= Reilly Ridge =

Reilly Ridge is a prominent rock ridge about 7 nautical miles (13 km) long on the northeast side of Lanterman Range, Bowers Mountains, Antarctica. The ridge descends from the heights just east of Mount Bernstein and forms a part of the southwest wall of Sledgers Glacier. Mapped by United States Geological Survey (USGS) from ground surveys and U.S. Navy air photos, 1960–62. Named by Advisory Committee on Antarctic Names (US-ACAN) for Commander Joseph L. Reilly, U.S. Navy, officer in charge of the winter support party at McMurdo Station. 1964.

Reilly Ridge consists of pervasively folded, faulted, and otherwise deformed Cambrian sedimentary and metasedimentary rocks of the Glasgow, Molar, Spurs, and Reilly Formations.
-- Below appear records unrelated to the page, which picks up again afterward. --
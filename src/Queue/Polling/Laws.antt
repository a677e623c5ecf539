-- ===== src/Queue/Polling/Laws.antt =====
-- When Dequeue of internal/queue/queue.go returns, and what it has logged by then.
use stitch.Prelude.{
  ℕ, zero, suc, ◌+◌, ◌*◌, ◌≤◌, ◌<◌, ◌≡◌, refl, Bool, true, false, String, none, some, List, [], ◌∷◌,
  Result, ok, err, arith, leb, length, ◌==◌, Bool-cases, inl, inr,
}
use stitch.Prelude.Int.{ℤ}
use stitch.Queue.Message.{Message, Delivery, QueueError}
use stitch.Prelude.Int.{pos_part}
use stitch.Queue.Live.{Queue, promote_due}
use stitch.Queue.Ops.{LogAnswer, Trace, try_dequeue, pick, grant, lease_items, dequeue_commit}
use stitch.Queue.Polling.{
  Woken, context_done, queue_done, timer_fired, Round, Outcome, waiting, returned, poll_interval,
  sleep, after_try, poll, wanted, dequeue,
}

-- The clock reads at least `c` in the first round, and each timer fires no earlier than it was set
-- to.
abbrev pub Ticking : ℕ → ℕ → List Round → Type 0
Ticking deadline c [] = Unit
Ticking deadline c (r ∷ rs) =
    (c ≤ r.checked) × Ticking deadline (r.checked + sleep deadline r.checked) rs

-- The call has returned to its caller.
abbrev pub has_ended : Outcome → Bool
has_ended waiting = false
has_ended _ = true

after_try_ends :
    (result : Result QueueError (List Delivery)) (past : Bool) (woken : Woken) (x : Queue × Trace)
    (later : Outcome × (Queue × Trace))
    → (past ≡ false → has_ended later.0 ≡ true)
    → has_ended (after_try result past woken x later).0 ≡ true
unfolding after_try
after_try_ends (err e) past woken x later h = refl
after_try_ends (ok (d ∷ ds)) past woken x later h = refl
after_try_ends (ok []) true woken x later h = refl
after_try_ends (ok []) false context_done x later h = refl
after_try_ends (ok []) false queue_done x later h = refl
after_try_ends (ok []) false timer_fired x later h = h refl

-- One sleep brings the clock to the deadline, or an interval closer to it.
closer :
    (k deadline c checked : ℕ)
    → c ≤ checked
    → checked < deadline
    → deadline ≤ c + suc k * poll_interval
    → deadline ≤ checked + sleep deadline checked + k * poll_interval
closer k deadline c checked late before enough = omega arith

poll_ends :
    (k deadline c n : ℕ) (rs : List Round) (q : Queue)
    → Ticking deadline c rs
    → deadline ≤ c + k * poll_interval
    → k < length rs
    → has_ended (poll deadline n rs q).0 ≡ true
unfolding poll
poll_ends k deadline c n [] q ticks enough more = absurd (omega (arith, more))
poll_ends zero deadline c n (r ∷ rs) q (late, ticks) enough more =
    after_try_ends _ _ r.woken _ _ (λ left. absurd (ground (arith, left, late, enough)))
poll_ends (suc k) deadline c n (r ∷ rs) q (late, ticks) enough more =
    after_try_ends _ _ r.woken _ _ (λ left.
      poll_ends k deadline _ n rs _ ticks
        (closer k deadline c r.checked late (ground (arith, left)) enough) (omega (arith, more)))

-- Dequeue ends: with a clock that reads at least the start of the call, and timers that fire no
-- earlier than they were set to, it has returned after at most one try more than the wait has poll
-- intervals (rounded up), whatever the log answers and other operations do meanwhile.
pub dequeue_ends :
    (start : ℕ) (n : ℤ) (wait k : ℕ) (rounds : List Round) (q : Queue)
    → Ticking (start + wait) start rounds
    → wait ≤ k * poll_interval
    → k < length rounds
    → has_ended (dequeue start n wait rounds q).0 ≡ true
unfolding dequeue
dequeue_ends start n wait k rounds q ticks enough more =
    poll_ends k (start + wait) start (wanted n) rounds q ticks (omega (arith, enough)) more

-- The caller has no message and no error.
abbrev pub is_empty_handed : Outcome → Bool
is_empty_handed (returned (ok (d ∷ ds))) = false
is_empty_handed (returned (err e)) = false
is_empty_handed _ = true

abbrev is_nothing : Result QueueError (List Delivery) → Bool
is_nothing (ok []) = true
is_nothing _ = false

dequeue_commit-nothing :
    (expires : ℕ) (token : ℕ → String) (picked : List Message) (answer : LogAnswer) (q : Queue)
    → is_nothing (dequeue_commit expires picked (lease_items token 0 picked) answer q).0 ≡ true
    → (length picked == 0) ≡ true
unfolding dequeue_commit lease_items grant
dequeue_commit-nothing expires token [] answer q e = refl
dequeue_commit-nothing expires token (m ∷ ms) (some x) q e = absurd (ground (arith, e))
dequeue_commit-nothing expires token (m ∷ ms) none q e = absurd (ground (arith, e))

try_dequeue-nothing :
    (now n : ℕ) (token : ℕ → String) (answer : LogAnswer) (q : Queue)
    → is_nothing (try_dequeue now n token answer q).0 ≡ true
    → (try_dequeue now n token answer q).1.1 ≡ []
unfolding try_dequeue
try_dequeue-nothing now n token answer q empty =
    let x = pick n (promote_due now q) [] in
    let expires = now + pos_part q.cfg.visibility_timeout_ms in
    elim (Bool-cases (length x.1 == 0)) [
      | inl none_left ↦ rw (try_dequeue, none_left) refl
      | inr taken ↦
          let all =
            dequeue_commit-nothing expires token x.1 answer x.0
              (rw (try_dequeue, taken) at empty) in
          absurd (ground (arith, all, taken))
    ]

after_try-silent :
    (result : Result QueueError (List Delivery)) (past : Bool) (woken : Woken) (q : Queue)
    (t : Trace) (later : Outcome × (Queue × Trace))
    → (is_nothing result ≡ true → t ≡ [])
    → (is_empty_handed later.0 ≡ true → later.1.1 ≡ [])
    → is_empty_handed (after_try result past woken (q, t) later).0 ≡ true
    → (after_try result past woken (q, t) later).1.1 ≡ []
unfolding after_try
after_try-silent (err x) past woken q t later now after e = absurd (ground (arith, e))
after_try-silent (ok (d ∷ ds)) past woken q t later now after e = absurd (ground (arith, e))
after_try-silent (ok []) true woken q t later now after e = now refl
after_try-silent (ok []) false context_done q t later now after e = now refl
after_try-silent (ok []) false queue_done q t later now after e = absurd (ground (arith, e))
after_try-silent (ok []) false timer_fired q t later now after e = rw (now refl, after e) refl

poll-silent :
    (deadline n : ℕ) (rounds : List Round) (q : Queue)
    → is_empty_handed (poll deadline n rounds q).0 ≡ true
    → (poll deadline n rounds q).1.1 ≡ []
unfolding poll
poll-silent deadline n [] q e = refl
poll-silent deadline n (r ∷ rs) q e =
    let q1 = (try_dequeue r.now n r.token r.answer q).1.0 in
    after_try-silent _ (leb deadline r.checked) r.woken q1 _ _
      (try_dequeue-nothing r.now n r.token r.answer q) (poll-silent deadline n rs (r.meanwhile q1))
      e

-- A call of Dequeue that returned no message and no error, that ended because its client hung up, or
-- that is still waiting, has handed nothing to the log in any of its tries: no lease is lost in it.
pub dequeue-silent :
    (start : ℕ) (n : ℤ) (wait : ℕ) (rounds : List Round) (q : Queue)
    → is_empty_handed (dequeue start n wait rounds q).0 ≡ true
    → (dequeue start n wait rounds q).1.1 ≡ []
unfolding dequeue
dequeue-silent start n wait rounds q e = poll-silent (start + wait) (wanted n) rounds q e
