-- ===== src/Queue/Polling/Tests.antt =====
-- Dequeue at concrete inputs.
use stitch.Prelude.{ℕ, ◌≡◌, refl, true, none, List, [], ◌∷◌, arith}
use stitch.Prelude.Int.{pos}
use stitch.Queue.Message.{fifo}
use stitch.Queue.Live.{Queue, new_queue, promote, promote_due}
use stitch.Queue.Order.{ready_pop}
use stitch.Queue.Heap
use stitch.Queue.Ops.{try_dequeue, pick, dequeue_commit}
use stitch.Queue.Polling.{Round, timer_fired, context_done, after_try, poll, dequeue}
use stitch.Queue.Polling.Laws.{has_ended, dequeue_ends, dequeue-silent}

abbrev idle_queue : Queue
idle_queue = new_queue (record {
  name = "jobs";
  mode = fifo;
  priority = true;
  delay = true;
  visibility_timeout_ms = pos 1000;
  max_attempts = pos 3;
  dlq = true;
})

-- A try at a time after which the timer fires, while nothing else happens.
abbrev round : ℕ → Round
round checked = record {
  now = 1000;
  token = λ i. "t";
  answer = none;
  checked = checked;
  woken = timer_fired;
  meanwhile = λ q. q;
}

abbrev rounds : List Round
rounds =
    round 100
    ∷ round 5000100
    ∷ round 10000200
    ∷ record (round 12000100) { woken = context_done }
    ∷ []

dequeue_ends_example : has_ended (dequeue 100 (pos 1) 12000000 rounds idle_queue).0 ≡ true
dequeue_ends_example =
    dequeue_ends 100 (pos 1) 12000000 3 rounds idle_queue
      (omega arith, (omega arith, (omega arith, (omega arith, tt)))) (omega arith) (omega arith)

dequeue-silent_example : (dequeue 100 (pos 1) 12000000 rounds idle_queue).1.1 ≡ []
unfolding dequeue poll after_try try_dequeue pick dequeue_commit promote_due promote ready_pop
    Heap.pop
dequeue-silent_example = dequeue-silent 100 (pos 1) 12000000 rounds idle_queue refl
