-- ===== src/Queue/Tests.antt =====
-- Tests of a queue, and its theorems at concrete inputs.
use stitch.Prelude.{◌+◌, ◌≡◌, refl, true, false, none, [], ◌∷◌, ok, err, arith}
use stitch.Prelude.Int.{pos}
use stitch.Queue.Message.{
  Config, Message, normalize, name_matches, fifo, default_visibility_timeout, default_max_attempts,
  invalid_queue_cfg, bad_mode,
}
use stitch.Queue.Message.Normal.{IsNormal, normalize-IsNormal}
use stitch.Queue.Heap
use stitch.Queue.Order.{less, ready_less, no_message, ready_push, ready_pop}
use stitch.Queue.Live.{Queue, new_queue}
use stitch.Queue.Ops.{pick, enqueue, try_dequeue, stats}
use stitch.Queue.Invariant.{Balanced}
use stitch.Queue.Invariant.Waiting.{ready_push-ReadyHeap}
use stitch.Queue.Invariant.Operations.{
  new_queue-Balanced, enqueue-Balanced, try_dequeue-Balanced, stats-total,
}
use stitch.Queue.Delivery.{Picked, pick-Picked}

abbrev jobs : Config
jobs = record {
  name = "jobs";
  mode = "";
  priority = true;
  delay = true;
  visibility_timeout_ms = pos 0;
  max_attempts = pos 0;
  dlq = true;
}

-- The configuration with its defaults filled in.
abbrev normal_jobs : Config
normal_jobs = record jobs {
  mode = fifo;
  visibility_timeout_ms = default_visibility_timeout;
  max_attempts = default_max_attempts;
}

normalize_test : normalize jobs ≡ ok normal_jobs
unfolding normalize name_matches
normalize_test = refl

normalize_mode_test : normalize (record jobs { mode = "heap" }) ≡ err (invalid_queue_cfg bad_mode)
unfolding normalize name_matches
normalize_mode_test = refl

abbrev low : Message
low = record no_message { id = "low"; priority = pos 1; seq = 1 }

abbrev high : Message
high = record no_message { id = "high"; priority = pos 7; seq = 2 }

abbrev two_ready : Queue
two_ready = record (new_queue (record jobs { mode = fifo })) {
  seq = 2;
  ready = ready_push false (ready_push false [] low) high;
}

pick_test : (pick 5 two_ready []).1 ≡ high ∷ low ∷ []
unfolding pick ready_push ready_pop Heap.push Heap.up ready_less less Heap.swap Heap.pop Heap.down
pick_test = refl

pick-Picked_example : Picked 5 two_ready (pick 5 two_ready [])
pick-Picked_example = pick-Picked 5 two_ready (
    ready_push-ReadyHeap false (ready_push false [] low) high
      (ready_push-ReadyHeap false [] low (λ c p lt. absurd (omega (arith, lt)))))

-- A queue that a message was put into, and then the queue from which it was leased.
abbrev enqueued : Queue
enqueued =
    (enqueue 100 101 "a" (1 ∷ 2 ∷ []) (pos 3) (pos 0) "" none
      (new_queue (record jobs { mode = fifo }))).1.0

abbrev leased : Queue
leased = (try_dequeue 200 4 (λ _. "token") none enqueued).1.0

enqueued-Balanced : Balanced [] enqueued
enqueued-Balanced =
    enqueue-Balanced [] 100 101 "a" (1 ∷ 2 ∷ []) (pos 3) (pos 0) "" none
      (new_queue (record jobs { mode = fifo })) refl
      (new_queue-Balanced (record jobs { mode = fifo }))

leased-Balanced : Balanced [] leased
leased-Balanced = try_dequeue-Balanced [] 200 4 (λ _. "token") none enqueued enqueued-Balanced

stats-total_example :
    (stats 300 leased).0.depth
      + (stats 300 leased).0.delayed
      + (stats 300 leased).0.in_flight
      + (stats 300 leased).0.dlq
    ≡ (stats 300 leased).0.total
stats-total_example = stats-total 300 leased leased-Balanced

normalize-IsNormal_example :
    IsNormal normal_jobs
    × (normal_jobs ≡ record jobs {
      mode = fifo;
      visibility_timeout_ms = default_visibility_timeout;
      max_attempts = default_max_attempts;
    })
unfolding normalize name_matches
normalize-IsNormal_example = normalize-IsNormal jobs normal_jobs refl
Despite the degree of tectonic deformation of these strata, identifiable Middle and Late Cambrian fossils, including numerous species of trilobites, have been found in exposures of Molar and Spurs Formation on Reilly Ridge. Given that early Paleozoic strata of Victoria Land are typically lacking in identifiable fossils, fossils from Reilly Ridge have been essential to the processes of reconstructing regional prehistoric paleoenvironments, correlating strata, and understanding ancient plate movements in Antarctica.